- [SOURCE MATERIAL]:
··········

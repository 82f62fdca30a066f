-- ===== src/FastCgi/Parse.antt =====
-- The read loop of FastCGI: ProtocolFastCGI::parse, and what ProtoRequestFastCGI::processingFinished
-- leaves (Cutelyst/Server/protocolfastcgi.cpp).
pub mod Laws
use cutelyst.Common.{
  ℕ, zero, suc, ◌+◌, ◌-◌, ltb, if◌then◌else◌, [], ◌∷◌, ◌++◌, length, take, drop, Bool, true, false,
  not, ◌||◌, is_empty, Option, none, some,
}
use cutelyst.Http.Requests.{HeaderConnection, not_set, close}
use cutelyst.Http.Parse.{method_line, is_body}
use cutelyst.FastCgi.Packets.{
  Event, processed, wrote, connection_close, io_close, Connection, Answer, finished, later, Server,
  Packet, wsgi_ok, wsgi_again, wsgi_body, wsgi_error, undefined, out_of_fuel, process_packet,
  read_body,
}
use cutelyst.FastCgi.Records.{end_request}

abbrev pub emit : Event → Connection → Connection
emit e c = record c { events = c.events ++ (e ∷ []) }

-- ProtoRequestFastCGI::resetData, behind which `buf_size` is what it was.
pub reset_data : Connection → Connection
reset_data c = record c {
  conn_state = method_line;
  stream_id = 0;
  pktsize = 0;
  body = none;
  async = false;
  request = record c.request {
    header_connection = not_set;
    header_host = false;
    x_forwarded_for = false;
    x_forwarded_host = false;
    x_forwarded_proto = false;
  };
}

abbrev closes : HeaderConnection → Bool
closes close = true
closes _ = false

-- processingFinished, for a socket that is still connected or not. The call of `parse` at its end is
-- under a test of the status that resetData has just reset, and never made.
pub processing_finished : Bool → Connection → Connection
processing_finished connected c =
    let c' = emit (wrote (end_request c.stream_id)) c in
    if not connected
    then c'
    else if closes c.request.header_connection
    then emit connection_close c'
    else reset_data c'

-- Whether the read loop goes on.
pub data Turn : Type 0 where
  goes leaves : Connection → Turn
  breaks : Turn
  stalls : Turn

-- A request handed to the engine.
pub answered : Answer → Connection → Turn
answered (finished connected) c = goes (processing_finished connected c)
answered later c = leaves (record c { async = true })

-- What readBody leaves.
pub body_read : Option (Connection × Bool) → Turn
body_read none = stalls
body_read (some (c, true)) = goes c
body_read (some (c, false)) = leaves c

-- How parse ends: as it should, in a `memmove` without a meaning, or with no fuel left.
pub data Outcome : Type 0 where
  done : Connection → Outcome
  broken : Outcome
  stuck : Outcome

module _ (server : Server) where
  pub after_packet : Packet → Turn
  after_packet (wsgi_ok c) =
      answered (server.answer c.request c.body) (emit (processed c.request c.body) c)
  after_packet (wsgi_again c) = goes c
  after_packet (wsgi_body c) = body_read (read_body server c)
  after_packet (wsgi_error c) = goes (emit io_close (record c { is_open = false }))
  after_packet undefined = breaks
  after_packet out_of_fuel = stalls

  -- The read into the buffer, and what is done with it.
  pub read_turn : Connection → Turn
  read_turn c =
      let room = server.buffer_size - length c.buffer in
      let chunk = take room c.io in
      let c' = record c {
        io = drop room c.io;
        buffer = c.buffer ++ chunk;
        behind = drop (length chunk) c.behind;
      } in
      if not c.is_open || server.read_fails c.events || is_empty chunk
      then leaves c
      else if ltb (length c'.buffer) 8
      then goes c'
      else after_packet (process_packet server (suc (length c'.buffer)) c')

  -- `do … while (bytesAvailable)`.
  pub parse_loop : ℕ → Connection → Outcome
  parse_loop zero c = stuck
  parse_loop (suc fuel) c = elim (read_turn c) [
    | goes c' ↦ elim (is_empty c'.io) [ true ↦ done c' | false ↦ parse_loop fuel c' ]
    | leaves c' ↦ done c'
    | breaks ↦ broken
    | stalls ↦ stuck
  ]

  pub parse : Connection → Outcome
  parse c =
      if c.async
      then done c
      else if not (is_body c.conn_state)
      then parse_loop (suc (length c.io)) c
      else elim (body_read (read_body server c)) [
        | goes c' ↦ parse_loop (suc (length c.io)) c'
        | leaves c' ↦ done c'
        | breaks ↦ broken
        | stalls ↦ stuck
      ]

··········

- [ASSIGNMENT]: Would you please copy, word for word, everything above from the line containing "else reset_data c'" down to the line containing "-- What readBody leaves.", those two lines included?

- [EXPECTED ANSWER]:
    else reset_data c'

-- Whether the read loop goes on.
pub data Turn : Type 0 where
  goes leaves : Connection → Turn
  breaks : Turn
  stalls : Turn

-- A request handed to the engine.
pub answered : Answer → Connection → Turn
answered (finished connected) c = goes (processing_finished connected c)
answered later c = leaves (record c { async = true })

-- What readBody leaves.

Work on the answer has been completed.